Compliance 13 min read

GMP Documentation & Record-Keeping Best Practices

J

Jared Clark

May 12, 2026

If there is one principle that runs through every FDA inspection, every warning letter, and every 483 observation I have seen across 200+ client engagements, it is this: if it isn't documented, it didn't happen. That phrase gets repeated so often in GMP circles that it starts to sound like wallpaper, but the FDA takes it literally — and so should you.

Documentation failures are, consistently, among the top cited deficiencies in FDA inspections.
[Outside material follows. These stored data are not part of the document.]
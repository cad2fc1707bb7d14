-- ===== src/Curve/Totality.antt =====
-- When the swaps of programs/cp-swap/src/curve/calculator.rs go through, and when they cannot.
use mim_swap_sol.Prelude.{
  ℕ, ◌+◌, ◌*◌, ◌/◌, ◌-◌, ◌≤◌, ◌<◌, ◌≡◌, ◌⊎◌, refl, some, arith, u64_max, u128_max, Bool, true,
  false, checked_add, checked_mul, checked_sub, checked_div, ok, err,
}
use native.Mathlib.Nat.{mul-le-mul, div-le_of_le-mul}
use mim_swap_sol.Curve.Fees.{
  fee_rate_denominator_value, ceil_div, floor_div, trading_fee, protocol_fee, fund_fee, creator_fee,
  split_creator_fee,
}
use mim_swap_sol.Curve.FeeLaws.{trading_fee-le, split_creator_fee-le}
use mim_swap_sol.Curve.ConstantProduct.{swap_base_input_without_fees}
use mim_swap_sol.Curve.Calculator.{
  SwapResult, Rates, Charge, input_charge, output_charge, swap_base_input,
}

ceil_div-total :
    (a num den : ℕ)
    → 0 < den
    → a * num + den ≤ u128_max
    → ceil_div a num den ≡ some ((a * num + den - 1) / den)
unfolding ceil_div checked_mul checked_add checked_sub checked_div
ceil_div-total a num den h bound = ground arith

floor_div-total :
    (a num den : ℕ) → 0 < den → a * num ≤ u128_max → floor_div a num den ≡ some (a * num / den)
unfolding floor_div checked_mul checked_div
floor_div-total a num den h bound = ground arith

-- A product of a `u64` and a rate of at most one is far below `u128::MAX`.
rate_product :
    (a rate : ℕ)
    → a ≤ u64_max
    → rate ≤ fee_rate_denominator_value
    → a * rate ≤ u64_max * fee_rate_denominator_value
rate_product a rate h k = mul-le-mul h k

trading_fee-total :
    (a rate : ℕ)
    → a ≤ u64_max
    → rate ≤ fee_rate_denominator_value
    → (q : ℕ) × (trading_fee a rate ≡ some q) × (q ≤ a)
unfolding trading_fee
trading_fee-total a rate h k =
    let e =
      ceil_div-total a rate fee_rate_denominator_value (omega arith)
        (omega (arith, rate_product a rate h k)) in
    (_, e, unfold trading_fee in trading_fee-le a rate k e)

part-total :
    (a rate : ℕ)
    → a ≤ u64_max
    → rate ≤ fee_rate_denominator_value
    → floor_div a rate fee_rate_denominator_value ≡ some (a * rate / fee_rate_denominator_value)
part-total a rate h k =
    floor_div-total a rate fee_rate_denominator_value (omega arith)
      (omega (arith, rate_product a rate h k))

split_creator_fee-total :
    (fee trade creator : ℕ)
    → fee ≤ u64_max
    → 0 < trade + creator
    → trade + creator ≤ fee_rate_denominator_value
    → (q : ℕ) × (split_creator_fee fee trade creator ≡ ok q) × (q ≤ fee)
unfolding split_creator_fee checked_add
split_creator_fee-total fee trade creator h pos k =
    let e =
      floor_div-total fee creator (trade + creator) pos
        (omega (arith, rate_product fee creator h (omega arith))) in
    let run : split_creator_fee fee trade creator ≡ ok (fee * creator / (trade + creator)) =
      ground arith in
    (_, run, split_creator_fee-le fee trade creator run)

-- The fees can be taken from the input.
input_charge-total :
    (input : ℕ) (rates : Rates) (on_input : Bool)
    → input ≤ u64_max
    → rates.trade + rates.creator < fee_rate_denominator_value
    → (0 < rates.trade + rates.creator) ⊎ (on_input ≡ false)
    → (c : Charge) × (input_charge input rates on_input ≡ ok c)
      × (c.amount ≤ input)
      × (c.trade_fee ≤ input)
unfolding input_charge checked_add checked_sub
input_charge-total input rates true h k pos =
    let (fee, e, le) = trading_fee-total input (rates.trade + rates.creator) h (omega arith) in
    let (creator, e', le') =
      split_creator_fee-total fee rates.trade rates.creator (omega arith) (ground arith)
        (omega arith) in
    (
      record { trade_fee = fee - creator; creator_fee = creator; amount = input - fee },
      ground arith,
      omega arith,
      omega arith,
    )
input_charge-total input rates false h k pos =
    let (fee, e, le) = trading_fee-total input rates.trade h (omega arith) in
    (
      record { trade_fee = fee; creator_fee = 0; amount = input - fee },
      ground arith,
      omega arith,
      omega arith,
    )

exchange-total :
    (amount x y : ℕ)
    → amount ≤ u64_max
    → x ≤ u64_max
    → y ≤ u64_max
    → 0 < x
    → (out : ℕ) × (swap_base_input_without_fees {E = Unit {0}} amount x y ≡ ok out) × (out ≤ y)
unfolding swap_base_input_without_fees checked_mul checked_add checked_div
exchange-total amount x y ha hx hy pos =
    let bound : amount * y ≤ u64_max * u64_max = mul-le-mul ha hy in
    (amount * y / (x + amount), ground arith, div-le_of_le-mul (x + amount) (omega arith))

output_charge-total :
    (swapped : ℕ) (rates : Rates) (charge : Charge) (on_input : Bool)
    → swapped ≤ u64_max
    → rates.creator ≤ fee_rate_denominator_value
    → (c : Charge) × (output_charge swapped rates charge on_input ≡ ok c)
unfolding output_charge checked_sub
output_charge-total swapped rates charge true h k = (record charge { amount = swapped }, refl)
output_charge-total swapped rates charge false h k =
    let (fee, e, le) = trading_fee-total swapped rates.creator h k in
    (
      record charge { creator_fee = fee; amount = swapped - fee },
      unfold creator_fee trading_fee in ground arith,
    )

-- A swap with an exact input goes through for every `u64` input and every pair of nonempty vaults,
-- under rates that the configuration admits, but for the case that both rates are 0 and the
-- creator's fee is on the input.
pub swap_base_input-total :
    (input x y : ℕ) (rates : Rates) (on_input : Bool)
    → input ≤ u64_max
    → x ≤ u64_max
    → y ≤ u64_max
    → 0 < x
    → rates.trade + rates.creator < fee_rate_denominator_value
    → rates.protocol + rates.fund ≤ fee_rate_denominator_value
    → (0 < rates.trade + rates.creator) ⊎ (on_input ≡ false)
    → (r : SwapResult) × (swap_base_input input x y rates on_input ≡ ok r)
unfolding swap_base_input protocol_fee fund_fee checked_add checked_sub
swap_base_input-total input x y rates on_input hi hx hy pos charge_rates part_rates nonzero =
    let (c, e0, less, fee) = input_charge-total input rates on_input hi charge_rates nonzero in
    let p = part-total c.trade_fee rates.protocol (omega arith) (omega arith) in
    let f = part-total c.trade_fee rates.fund (omega arith) (omega arith) in
    let (out, e1, le) = exchange-total c.amount x y (omega arith) hx hy pos in
    let (o, e2) = output_charge-total out rates c on_input (omega arith) (omega arith) in
    let r : SwapResult = record {
      new_input_vault_amount = x + c.amount;
      new_output_vault_amount = y - out;
      input_amount = input;
      output_amount = o.amount;
      trade_fee = o.trade_fee;
      protocol_fee = c.trade_fee * rates.protocol / fee_rate_denominator_value;
      fund_fee = c.trade_fee * rates.fund / fee_rate_denominator_value;
      creator_fee = o.creator_fee;
    } in
    (r, rw (e0, p, f, e1, e2) (ground arith))

zero_rate_fee : (input : ℕ) → trading_fee input 0 ≡ some 0
unfolding trading_fee ceil_div checked_mul checked_add checked_sub checked_div
zero_rate_fee input = ground arith

no_split : (fee : ℕ) → split_creator_fee fee 0 0 ≡ err tt
unfolding split_creator_fee floor_div checked_add
no_split fee = refl

-- With both rates at 0 and the creator's fee on the input, a swap with an exact input is refused
-- whatever the amounts are: the fee is to be split in the proportion of two zeros.
pub swap_base_input_zero_rates :
    (input x y : ℕ) (rates : Rates)
    → rates.trade ≡ 0
    → rates.creator ≡ 0
    → swap_base_input input x y rates true ≡ err tt
unfolding swap_base_input input_charge checked_add
swap_base_input_zero_rates input x y rates ht hc =
    rw (ht, hc) (rw (zero_rate_fee input) (rw (no_split 0)))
In fiscal year 2023, the FDA issued more than 3,400 Form 483 observations across drug manufacturing facilities, and inadequate records or documentation practices appeared in the top five categories for both pharmaceutical and medical device manufacturers. The problem isn't that companies don't understand documentation is important. The problem is that they treat it as a clerical task instead of a compliance system.
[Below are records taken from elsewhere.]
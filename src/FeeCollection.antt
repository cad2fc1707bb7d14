-- ===== src/FeeCollection.antt =====
-- The collection of fees from a pool (programs/cp-swap/src/instructions/admin/collect_protocol_fee.rs,
-- admin/collect_fund_fee.rs, collect_creator_fee.rs), and admin/update_pool_status.rs.
pub mod Accounts
pub mod Handlers
pub mod Payout
pub mod Recipients
pub mod Safety
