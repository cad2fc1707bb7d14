-- ===== src/FeeCollection/Accounts.antt =====
-- The accounts of the instructions that collect fees, with Anchor's constraints on them
-- (programs/cp-swap/src/instructions/admin/collect_protocol_fee.rs, admin/collect_fund_fee.rs and
-- collect_creator_fee.rs). That the receiving accounts of a creator are the creator's associated
-- accounts, found or created, is Anchor's.
use mim_swap_sol.Prelude.{◌==◌, if◌then◌else◌, require, ◌>>=◌, ◌>>◌}
use mim_swap_sol.Errors.{Pubkey, ErrorCode, AnchorError, code, anchor, Result}
use mim_swap_sol.Token.Interface.{TokenProgram, TokenAccount, Transfer}
use mim_swap_sol.States.Config.{
  AmmConfig, TreasuryAddresses, treasury_authority, expected_fee_receiver,
}
use mim_swap_sol.Swap.Accounts.{World}

-- What the three instructions share: the vaults, their mints, and the accounts that receive.
pub record CollectAccounts : Type 0 where
  pub authority : Pubkey
  pub amm_config : Pubkey
  pub token_0_vault : Pubkey
  pub token_1_vault : Pubkey
  pub vault_0_mint : Pubkey
  pub vault_1_mint : Pubkey
  pub recipient_token_0_account : Pubkey
  pub recipient_token_1_account : Pubkey

-- The token programs that `collect_protocol_fee` and `collect_fund_fee` are given.
pub record TokenPrograms : Type 0 where
  pub token_program : Pubkey
  pub token_program_2022 : Pubkey

-- `token_0_program` and `token_1_program` of `CollectCreatorFee`.
pub record CreatorPrograms : Type 0 where
  pub token_0_program : Pubkey
  pub token_1_program : Pubkey

module _ (t : TokenProgram) where
  unfoldable pub validate_collect : CollectAccounts → World t → Result (Unit {0})
  validate_collect a w = do
    require (a.amm_config == w.pool.amm_config) (anchor AnchorError.constraint_address)
    require (a.token_0_vault == w.pool.token_0_vault) (anchor AnchorError.constraint_raw)
    require (a.token_1_vault == w.pool.token_1_vault) (anchor AnchorError.constraint_raw)
    require (a.vault_0_mint == (t.account w.ledger a.token_0_vault).mint)
        (anchor AnchorError.constraint_address)
    require (a.vault_1_mint == (t.account w.ledger a.token_1_vault).mint)
        (anchor AnchorError.constraint_address)

  unfoldable pub validate_collect_creator : Pubkey → CollectAccounts → World t → Result (Unit {0})
  validate_collect_creator creator a w = do
    require (creator == w.pool.pool_creator) (anchor AnchorError.constraint_address)
    validate_collect a w

  -- The token account of the recipient by its key and what it holds.
  unfoldable pub validate_fee_recipient :
      TreasuryAddresses → AmmConfig → Pubkey → TokenAccount → Pubkey → Result (Unit {0})
  validate_fee_recipient derive config key recipient vault_mint = do
    require (recipient.mint == vault_mint) (code ErrorCode.invalid_fee_recipient)
    authority ← treasury_authority derive config
    require (recipient.owner == authority) (code ErrorCode.invalid_fee_recipient)
    receiver ← expected_fee_receiver derive vault_mint config
    require (key == receiver) (code ErrorCode.invalid_fee_recipient)

  abbrev pub program_of : TokenPrograms → Pubkey → World t → Pubkey
  program_of p mint w =
      if (t.mint w.ledger mint).token_program == p.token_program
      then p.token_program
      else p.token_program_2022

abbrev pub payment_0 : Pubkey → CollectAccounts → Transfer
payment_0 program a = record {
  program = program;
  authority = a.authority;
  from = a.token_0_vault;
  to = a.recipient_token_0_account;
  mint = a.vault_0_mint;
}

abbrev pub payment_1 : Pubkey → CollectAccounts → Transfer
payment_1 program a = record {
  program = program;
  authority = a.authority;
  from = a.token_1_vault;
  to = a.recipient_token_1_account;
  mint = a.vault_1_mint;
}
In my view, that's where most of the risk lives — not in the dramatic manufacturing failures, but in the quiet, accumulated paperwork gaps that accumulate until an investigator walks through the door.
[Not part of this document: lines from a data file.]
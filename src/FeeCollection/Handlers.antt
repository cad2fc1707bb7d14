-- ===== src/FeeCollection/Handlers.antt =====
-- programs/cp-swap/src/instructions/admin/collect_protocol_fee.rs, admin/collect_fund_fee.rs,
-- collect_creator_fee.rs and admin/update_pool_status.rs. Anchor reads the mints before a handler
-- begins, so the decimals are those of the ledger at its start.
use mim_swap_sol.Prelude.{
  ℕ, ◌==◌, ltb, leb, ◌&&◌, ◌||◌, min, if◌then◌else◌, checked_sub, ok, err, unwrap, require, ◌>>=◌,
  ◌>>◌,
}
use mim_swap_sol.Errors.{Pubkey, ErrorCode, AnchorError, code, anchor, Result}
use mim_swap_sol.Token.Interface.{TokenProgram}
use mim_swap_sol.Token.Calls.{transfer_from_pool_vault_to_user}
use mim_swap_sol.States.Pool.{PoolState, set_status}
use mim_swap_sol.States.Config.{AmmConfig, TreasuryAddresses}
use mim_swap_sol.Swap.Accounts.{Clock, World}
use mim_swap_sol.FeeCollection.Accounts.{
  CollectAccounts, TokenPrograms, CreatorPrograms, validate_collect, validate_collect_creator,
  validate_fee_recipient, program_of, payment_0, payment_1,
}

-- The fees that are taken, no more than requested and no more than accrued, with the pool after.
pub record Collected : Type 0 where
  pub amount_0 : ℕ
  pub amount_1 : ℕ
  pub pool : PoolState

unfoldable pub take_protocol_fees : ℕ → ℕ → ℕ → PoolState → Result Collected
take_protocol_fees epoch amount_0_requested amount_1_requested pool =
    let amount_0 = min amount_0_requested pool.protocol_fees_token_0 in
    let amount_1 = min amount_1_requested pool.protocol_fees_token_1 in
    do
      require (ltb 0 amount_0 || ltb 0 amount_1) (code ErrorCode.no_fee_collect)
      left_0 ← unwrap (checked_sub pool.protocol_fees_token_0 amount_0)
      left_1 ← unwrap (checked_sub pool.protocol_fees_token_1 amount_1)
      ok (record {
        amount_0 = amount_0;
        amount_1 = amount_1;
        pool = record pool {
          protocol_fees_token_0 = left_0;
          protocol_fees_token_1 = left_1;
          recent_epoch = epoch;
        };
      })

unfoldable pub take_fund_fees : ℕ → ℕ → ℕ → PoolState → Result Collected
take_fund_fees epoch amount_0_requested amount_1_requested pool =
    let amount_0 = min amount_0_requested pool.fund_fees_token_0 in
    let amount_1 = min amount_1_requested pool.fund_fees_token_1 in
    do
      require (ltb 0 amount_0 || ltb 0 amount_1) (code ErrorCode.no_fee_collect)
      left_0 ← unwrap (checked_sub pool.fund_fees_token_0 amount_0)
      left_1 ← unwrap (checked_sub pool.fund_fees_token_1 amount_1)
      ok (record {
        amount_0 = amount_0;
        amount_1 = amount_1;
        pool = record pool {
          fund_fees_token_0 = left_0;
          fund_fees_token_1 = left_1;
          recent_epoch = epoch;
        };
      })

-- All that the creator is owed; the handler resets the fees after the transfers, which do not read
-- the pool.
unfoldable pub take_creator_fees : ℕ → PoolState → Result Collected
take_creator_fees epoch pool =
    if pool.creator_fees_token_0 == 0 && pool.creator_fees_token_1 == 0
    then err (code ErrorCode.no_fee_collect)
    else ok (record {
      amount_0 = pool.creator_fees_token_0;
      amount_1 = pool.creator_fees_token_1;
      pool = record pool {
        creator_fees_token_0 = 0;
        creator_fees_token_1 = 0;
        recent_epoch = epoch;
      };
    })

-- `admin` is the address that `crate::admin::ID` names.
unfoldable pub update_pool_status : Pubkey → Pubkey → ℕ → ℕ → PoolState → Result PoolState
update_pool_status admin authority epoch status pool = do
  require (authority == admin) (anchor AnchorError.constraint_address)
  require (leb status 255) (anchor AnchorError.require_gte_violated)
  ok (record (set_status status pool) { recent_epoch = epoch })

module _ (t : TokenProgram) (clock : Clock) where
  -- The two transfers out of the vaults, with the pool after them.
  unfoldable pub pay_out :
      Pubkey → Pubkey → CollectAccounts → Collected → World t → Result (World t)
  pay_out program_0 program_1 a c w = do
    paid_0 ←
        transfer_from_pool_vault_to_user t clock.epoch (payment_0 program_0 a) c.amount_0
          (t.mint w.ledger a.vault_0_mint).decimals w.ledger
    paid_1 ←
        transfer_from_pool_vault_to_user t clock.epoch (payment_1 program_1 a) c.amount_1
          (t.mint w.ledger a.vault_1_mint).decimals paid_0
    ok (record w { pool = c.pool; ledger = paid_1 })

  -- Both recipients are the treasury's.
  unfoldable pub validate_recipients :
      TreasuryAddresses → AmmConfig → CollectAccounts → World t → Result (Unit {0})
  validate_recipients derive config a w = do
    validate_fee_recipient t derive config a.recipient_token_0_account
        (t.account w.ledger a.recipient_token_0_account) a.vault_0_mint
    validate_fee_recipient t derive config a.recipient_token_1_account
        (t.account w.ledger a.recipient_token_1_account) a.vault_1_mint

  module _ (derive : TreasuryAddresses) (config : AmmConfig) (a : CollectAccounts)
      (p : TokenPrograms) where
    unfoldable pub collect_protocol_fee : ℕ → ℕ → World t → Result (World t)
    collect_protocol_fee amount_0_requested amount_1_requested w = do
      validate_collect t a w
      validate_recipients derive config a w
      c ← take_protocol_fees clock.epoch amount_0_requested amount_1_requested w.pool
      pay_out (program_of t p a.vault_0_mint w) (program_of t p a.vault_1_mint w) a c w

    unfoldable pub collect_fund_fee : ℕ → ℕ → World t → Result (World t)
    collect_fund_fee amount_0_requested amount_1_requested w = do
      validate_collect t a w
      validate_recipients derive config a w
      c ← take_fund_fees clock.epoch amount_0_requested amount_1_requested w.pool
      pay_out (program_of t p a.vault_0_mint w) (program_of t p a.vault_1_mint w) a c w

  unfoldable pub collect_creator_fee :
      Pubkey → CollectAccounts → CreatorPrograms → World t → Result (World t)
  collect_creator_fee creator a p w = do
    validate_collect_creator t creator a w
    c ← take_creator_fees clock.epoch w.pool
    pay_out p.token_0_program p.token_1_program a c w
This article lays out the practices I've seen work, the ones I actively recommend to clients, and the common failure modes that trip up even experienced quality teams.


Why GMP Documentation Is a Regulatory Requirement, Not a Suggestion

The legal basis for documentation requirements runs through several major frameworks simultaneously. Under 21 CFR Part 211 (Current Good Manufacturing Practice for Finished Pharmaceuticals), sections 211.68, 211.180, 211.182, 211.184, 211.186, 211.188, 211.192, and 211.194 each establish specific record-keeping obligations. 21 CFR Part 820 (Quality System Regulation for medical devices, now harmonized with ISO 13485:2016) contains equally detailed documentation requirements in subpart M. And for combination products, biologics, and dietary supplements, the documentation frameworks layer further.

The point isn't to memorize every subsection. The point is to understand that documentation requirements are specific, enumerated, and auditable. An investigator doesn't arrive with a general sense that your records should be "pretty good." They arrive with a checklist, and they compare what your procedures say to what your records show.

The FDA's data integrity guidance, issued in 2018 and updated since, establishes that records must be ALCOA+ compliant — Attributable, Legible, Contemporaneous, Original, Accurate, plus Complete, Consistent, Enduring, and Available. That framework applies to both paper and electronic records, and it is the lens through which every document you generate will be evaluated.


The Core Components of a GMP Documentation System

A compliant documentation system isn't just a pile of SOPs and batch records. It has structure, and every piece has a defined role.

Standard Operating Procedures (SOPs)

SOPs are the backbone. They describe how work gets done — consistently, repeatedly, correctly. A well-written SOP is specific enough to guide a trained employee but not so granular that minor process variations trigger a deviation for no real reason. I've seen both failure modes: SOPs so vague they provide no actual control, and SOPs so prescriptive that the quality team spends half its time writing CAPAs for irrelevant deviations.

The right benchmark: if a qualified employee who has never done this task before can read the SOP and perform the task correctly, the SOP is doing its job. If they need significant verbal coaching on top of the written procedure, the SOP is failing.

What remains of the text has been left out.